Key Takeaways 2. EXAONE's Enhanced Features
1. General Domain : Competitive Results on Nine Benchmarks Compared to SOTA Open Models
EXAONE 3.5 also demonstrates exceptional performance in mathematical and coding capabilities. Using a total of nine general benchmarks, the 2.4B model notably achieved the highest average score, outperforming global models of the same size. Similarly, the 7.8B and 32B models ranked among the top performers in average scores.
Image 4. Performance comparison results of EXAONE 3.5 - On nine benchmarks representing general scenarios.
Bold scores indicate the best performance, and underlined scores mean the second best.
2. Responsible AI : Open and Transparent Disclosure of Information
In the development process of EXAONE 3.5, we have strived to uphold our responsibility for responsible AI. While releasing a lineup of models in various sizes as open-source can contribute to AI research and ecosystem development, it also presents potential risks, such as unintended inequality toward socially disadvantaged groups, the generation of harmful content, and malicious misuse by users. To proactively identify and prevent these risks, we conducted an AI Ethical Impact Assessment, reviewing potential risks throughout the entire AI lifecycle. Guided by the LG AI Ethics Principles, we have pursued research and development with a strong commitment to ethical standards.

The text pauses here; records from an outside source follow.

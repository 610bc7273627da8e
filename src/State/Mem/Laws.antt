-- ===== src/State/Mem/Laws.antt =====
-- `Mem` keeps the promises of the interface.
use zincsearch.Prelude.{
  ℕ, ◌+◌, ◌^◌, ◌≤◌, ◌<◌, String, ◌≡◌, refl, Option, none, some, true, arith, eq_iff, str_eq, ◌==◌,
  ==_iff, Bool-cases, inl, inr, if◌then◌else◌, ok, err, Option-cases, ◌≢◌,
}
use zincsearch.Dict
use zincsearch.Dict.{get-put, get-remove}
use zincsearch.State.Entry.{StateErr, not_found, Entry, valid_key, conflict}
use zincsearch.State.Mem.Listing.{IsDistinct, put-IsDistinct, remove-IsDistinct, list_shape}
use zincsearch.State.Store.{Deleted, View, Written, Kept, Laws}
use zincsearch.State.Mem.{Mem, get, create, update, delete, update_at, mem_store}

module _ {V : Type 0} where
  -- Every entry stands under its own key, which is valid, and has a revision that was given out.
  pub record IsWell (m : Mem V) : Type 0 where
    pub own_key : (k : String) (e : Entry V) → Dict.get m.entries k ≡ some e → e.key ≡ k
    pub key_valid : (k : String) (e : Entry V) → Dict.get m.entries k ≡ some e → valid_key k ≡ true
    pub revision_le :
        (k : String) (e : Entry V) → Dict.get m.entries k ≡ some e → e.revision ≤ m.rev
    pub distinct : IsDistinct m.entries

abbrev pub mem_view : (V : Type 0) → View (mem_store V)
mem_view V = record {
  entry = λ m k. Dict.get m.entries k;
  top = λ m k. m.rev;
  IsWell = IsWell;
  HasRoom = λ m. m.rev + 1 < 2 ^ 64;
}

module _ {V : Type 0} where
  -- The store after a write, from what a write does to the two fields.
  put-IsWell :
      (m : Mem V) (k : String) (v : V) (r : ℕ)
      → IsWell m
      → valid_key k ≡ true
      → m.rev < r
      → IsWell (record {
        entries = Dict.put m.entries k (record { key = k; value = v; revision = r });
        rev = r;
      })
  put-IsWell m k v r h good lt = record {
    own_key = λ j e p. ground (
      arith,
      eq_iff k j,
      get-put m.entries k (record { key = k; value = v; revision = r }) j,
      h.own_key j e,
    );
    key_valid = λ j e p. ground (
      arith,
      eq_iff k j,
      get-put m.entries k (record { key = k; value = v; revision = r }) j,
      h.key_valid j e,
    );
    revision_le = λ j e p. ground (
      arith,
      eq_iff k j,
      get-put m.entries k (record { key = k; value = v; revision = r }) j,
      h.revision_le j e,
    );
    distinct = put-IsDistinct m.entries k (record { key = k; value = v; revision = r }) h.distinct;
  }

  put-Written :
      (m : Mem V) (k : String) (v : V) (r : ℕ)
      → IsWell m
      → valid_key k ≡ true
      → m.rev < r
      → Written (mem_view V) m k v r (record {
        entries = Dict.put m.entries k (record { key = k; value = v; revision = r });
        rev = r;
      })
  put-Written m k v r h good lt = record {
    well = put-IsWell m k v r h good lt;
    fresh = lt;
    grows = λ j. omega arith;
    entries = λ j. get-put m.entries k (record { key = k; value = v; revision = r }) j;
  }

  same-Kept : (m : Mem V) → IsWell m → Kept (mem_view V) m m
  same-Kept m h = record { well = h; grows = λ j. omega arith; entries = λ j. refl }

  create_shape :
      (m : Mem V) (k : String) (v : V) (r : ℕ)
      → (create m k v).0 ≡ ok r
      → m.rev + 1 < 2 ^ 64
      → (valid_key k ≡ true)
        × (Dict.get m.entries k ≡ none)
        × (r ≡ m.rev + 1)
        × ((create m k v).1 ≡ record {
          entries = Dict.put m.entries k (record { key = k; value = v; revision = r });
          rev = r;
        })
  unfolding create
  create_shape m k v r p room = ground arith

  update_shape :
      (m : Mem V) (k : String) (v : V) (x r : ℕ)
      → (update m k v x).0 ≡ ok r
      → m.rev + 1 < 2 ^ 64
      → (valid_key k ≡ true)
        × (r ≡ m.rev + 1)
        × ((update m k v x).1 ≡ record {
          entries = Dict.put m.entries k (record { key = k; value = v; revision = r });
          rev = r;
        })
  unfolding update
  update_shape m k v x r p room = ground arith

  pub delete_entries :
      (m : Mem V) (k j : String)
      → Dict.get (delete m k).1.entries j ≡ (if str_eq k j then none else Dict.get m.entries j)
  unfolding delete
  delete_entries m k j = get-remove m.entries k j

  pub delete-IsWell : (m : Mem V) (k : String) → IsWell m → IsWell (delete m k).1
  unfolding delete
  delete-IsWell m k h = record {
    own_key = λ j e p. ground (arith, get-remove m.entries k j, h.own_key j e);
    key_valid = λ j e p. ground (arith, get-remove m.entries k j, h.key_valid j e);
    revision_le = λ j e p. ground (arith, get-remove m.entries k j, h.revision_le j e);
    distinct = remove-IsDistinct m.entries k h.distinct;
  }

  pub rev-delete : (m : Mem V) (k : String) → (delete m k).1.rev ≡ m.rev
  unfolding delete
  rev-delete m k = refl

  pub create-Written :
      (m : Mem V) (k : String) (v : V) (r : ℕ)
      → IsWell m
      → m.rev + 1 < 2 ^ 64
      → (create m k v).0 ≡ ok r
      → Written (mem_view V) m k v r (create m k v).1
  create-Written m k v r h room p =
      let (good, _, e, shape) = create_shape m k v r p room in
      rw shape (put-Written m k v r h good (omega arith))

  pub update-Written :
      (m : Mem V) (k : String) (v : V) (x r : ℕ)
      → IsWell m
      → m.rev + 1 < 2 ^ 64
      → (update m k v x).0 ≡ ok r
      → Written (mem_view V) m k v r (update m k v x).1
  update-Written m k v x r h room p =
      let (good, e, shape) = update_shape m k v x r p room in
      rw shape (put-Written m k v r h good (omega arith))

  pub create_err-same :
      (m : Mem V) (k : String) (v : V) (e : StateErr)
      → (create m k v).0 ≡ err e
      → (create m k v).1 ≡ m
  unfolding create
  create_err-same m k v e p = ground arith

  pub update_err-same :
      (m : Mem V) (k : String) (v : V) (x : ℕ) (e : StateErr)
      → (update m k v x).0 ≡ err e
      → (update m k v x).1 ≡ m
  unfolding update
  update_err-same m k v x e p = ground arith

  pub get-some :
      (m : Mem V) (k : String) (e : Entry V) → get m k ≡ ok e → Dict.get m.entries k ≡ some e
  unfolding get
  get-some m k e p = ground arith

  get-none : (m : Mem V) (k : String) → get m k ≡ err not_found → Dict.get m.entries k ≡ none
  unfolding get
  get-none m k p = ground arith

  create-was :
      (m : Mem V) (k : String) (v : V) (r : ℕ)
      → (create m k v).0 ≡ ok r
      → Dict.get m.entries k ≡ none
  unfolding create
  create-was m k v r p = ground arith

  update_at-was :
      (o : Option (Entry V)) (m : Mem V) (k : String) (v : V) (x r : ℕ)
      → (update_at o m k v x).0 ≡ ok r
      → (e : Entry V) × (o ≡ some e) × (e.revision ≡ x)
  unfolding update_at
  update_at-was none m k v x r p = cc
  update_at-was (some e) m k v x r p = elim (Bool-cases (e.revision == x)) [
    | inl h ↦ (e, refl, (==_iff _ _).0 h)
    | inr h ↦ cc (rw h at p)
  ]

  pub update-was :
      (m : Mem V) (k : String) (v : V) (x r : ℕ)
      → (update m k v x).0 ≡ ok r
      → (e : Entry V) × (Dict.get m.entries k ≡ some e) × (e.revision ≡ x)
  update-was m k v x r p =
      update_at-was (Dict.get m.entries k) m k v x r (elim (Bool-cases (valid_key k)) [
        | inl h ↦ unfold update in rw (h, update) at p
        | inr h ↦ unfold update in cc (rw (h, update) at p)
      ])

  create-conflict :
      (m : Mem V) (k : String) (v : V)
      → (create m k v).0 ≡ err conflict
      → (e : Entry V) × (Dict.get m.entries k ≡ some e)
  unfolding create
  create-conflict m k v p = elim (Option-cases (Dict.get m.entries k)) [
    | inl missing ↦ absurd (ground (arith, p, missing))
    | inr found ↦ found
  ]

  update_at-conflict :
      (o : Option (Entry V)) (m : Mem V) (k : String) (v : V) (x : ℕ)
      → (update_at o m k v x).0 ≡ err conflict
      → (e : Entry V) × (o ≡ some e) × (e.revision ≢ x)
  unfolding update_at
  update_at-conflict none m k v x p = cc p
  update_at-conflict (some e) m k v x p =
      (e, refl, λ h. ground (arith, p, (==_iff e.revision x).1 h))

  update-conflict :
      (m : Mem V) (k : String) (v : V) (x : ℕ)
      → (update m k v x).0 ≡ err conflict
      → (e : Entry V) × (Dict.get m.entries k ≡ some e) × (e.revision ≢ x)
  update-conflict m k v x p =
      update_at-conflict (Dict.get m.entries k) m k v x (elim (Bool-cases (valid_key k)) [
        | inl h ↦ unfold update in rw (h, update) at p
        | inr h ↦ unfold update in cc (rw (h, update) at p)
      ])

  update-missing :
      (m : Mem V) (k : String) (v : V) (x : ℕ)
      → (update m k v x).0 ≡ err not_found
      → Dict.get m.entries k ≡ none
  unfolding update
  update-missing m k v x p = ground arith

  delete-Deleted : (m : Mem V) (k : String) → IsWell m → Deleted (mem_view V) m k (delete m k).1
  delete-Deleted m k h = record {
    well = delete-IsWell m k h;
    grows = λ j. omega (arith, rev-delete m k);
    entries = λ j. delete_entries m k j;
  }

  delete-ok : (m : Mem V) (k : String) → (delete m k).0 ≡ ok tt
  unfolding delete
  delete-ok m k = refl

  pub mem_laws : Laws (mem_view V)
  mem_laws = record {
    get_ok = get-some;
    get_missing = get-none;
    revision_le = λ m k e h p. h.revision_le k e p;
    create_was = create-was;
    create_ok = create-Written;
    create_conflict = create-conflict;
    create_err = λ m k v e h room p. inl (rw (create_err-same m k v e p) (same-Kept m h));
    update_was = update-was;
    update_ok = update-Written;
    update_conflict = update-conflict;
    update_missing = update-missing;
    update_err = λ m k v x e h room p. inl (rw (update_err-same m k v x e p) (same-Kept m h));
    delete_ok = λ m k h p. delete-Deleted m k h;
    delete_err = λ m k e h p. cc (p, delete-ok m k);
    list_ok = λ m prefix es h p. list_shape m prefix es h.distinct h.own_key p;
  }
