-- ===== src/Coordinator/Backups/Tests.antt =====
-- Pruning three stored backups.
use zincsearch.Coordinator.Backups.Deleting.{AreOther}
use zincsearch.Prelude.{ℕ, suc, true, In, String, List, [], ◌∷◌, false, ◌≡◌, refl, none, some}
use zincsearch.Prelude.Int.{pos, negsuc}
use zincsearch.Time.{Instant, minutes}
use zincsearch.Coordinator.Backups.{
  BackupStatus, uploaded, verified, bad, BackupRecord, Blobs, delete_all, backup_prefix,
  latest_usable, doomed, remaining, due,
}
use zincsearch.Coordinator.Backups.Latest.{without, prune_keeps_latest}
use zincsearch.Dict
use zincsearch.Dict.{get-empty}
use zincsearch.Text.{cat}
use zincsearch.State.Mem
use zincsearch.State.Mem.{Mem, mem_store}
use zincsearch.State.Mem.Laws.{IsWell, mem_laws}

abbrev backup : String → Instant → BackupStatus → BackupRecord
backup name at status = record {
  name = name;
  sha256 = "";
  created_at = at;
  last_applied = at;
  node = "n2";
  uploaded_at = at;
  status = status;
  checked_at = none;
  verified_at = none;
  note = "";
  revision = 1;
}

abbrev stored : List BackupRecord
stored =
    backup "c" 3 bad ∷ backup "b" 2 uploaded ∷ backup "a" 1 verified ∷ backup "0" 0 verified ∷ []

-- the backups in no store, where every deletion goes well
abbrev blobs : Blobs
blobs = record { Db = ℕ; delete = λ n name. (true, suc n) }

abbrev gone : List BackupRecord
gone = doomed (pos 1) stored

abbrev entries : Mem BackupRecord
entries = Mem.new {V = BackupRecord}

new-IsWell : IsWell (Mem.new {V = BackupRecord})
new-IsWell = record {
  own_key = λ k e p. cc (get-empty k);
  key_valid = λ k e p. cc (get-empty k);
  revision_le = λ k e p. cc (get-empty k);
  distinct = tt;
}

prune_keeps_latest_example :
    (latest_usable (without gone stored) ≡ latest_usable stored)
    × ((r : BackupRecord)
        → In r (without gone stored)
        → Dict.get
            (delete_all (mem_store BackupRecord) blobs gone (entries, 0)).1.0.entries
            (cat backup_prefix r.name)
          ≡ Dict.get entries.entries (cat backup_prefix r.name))
    × ((key : String)
        → AreOther (mem_laws {V = BackupRecord}) blobs key gone
        → Dict.get (delete_all (mem_store BackupRecord) blobs gone (entries, 0)).1.0.entries key
          ≡ Dict.get entries.entries key)
    × ((delete_all (mem_store BackupRecord) blobs gone (entries, 0)).0 ≡ []
        → (r : BackupRecord) → In r gone
        → Dict.get
            (delete_all (mem_store BackupRecord) blobs gone (entries, 0)).1.0.entries
            (cat backup_prefix r.name)
          ≡ none)
prune_keeps_latest_example =
    prune_keeps_latest (mem_laws {V = BackupRecord}) blobs 0 stored entries 0 new-IsWell

prunes : doomed (pos 1) stored ≡ backup "c" 3 bad ∷ backup "0" 0 verified ∷ []
unfolding doomed zincsearch.Coordinator.Backups.keep_set
prunes = refl

recovers : latest_usable stored ≡ some (backup "a" 1 verified)
unfolding latest_usable
recovers = refl

-- A negative retention leaves nothing of backups that are only uploaded.
leaves_none : remaining (negsuc 0) (backup "b" 2 uploaded ∷ []) ≡ []
unfolding remaining zincsearch.Coordinator.Backups.keep_set
leaves_none = refl

not_due :
    due (minutes 5) (record { last_attempt = 9; last_success = 1; last_error = "" }) (minutes 60) 10
    ≡ false
unfolding due
not_due = refl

The ethical evaluation of EXAONE 3.5 revealed both strengths and areas for improvement. All three models demonstrated outstanding performance in filtering out hate speech and illegal content. However, we identified a need to address biases related to regions and occupations, particularly in the 2.4B model. We chose to disclose the evaluation results transparently because we believe that advancing AI ethics requires the open sharing of information. By making these findings public, we aim to encourage more active research into AI ethics among researchers. LG AI Research will continue to lead in the field of AI ethics, building on this foundation.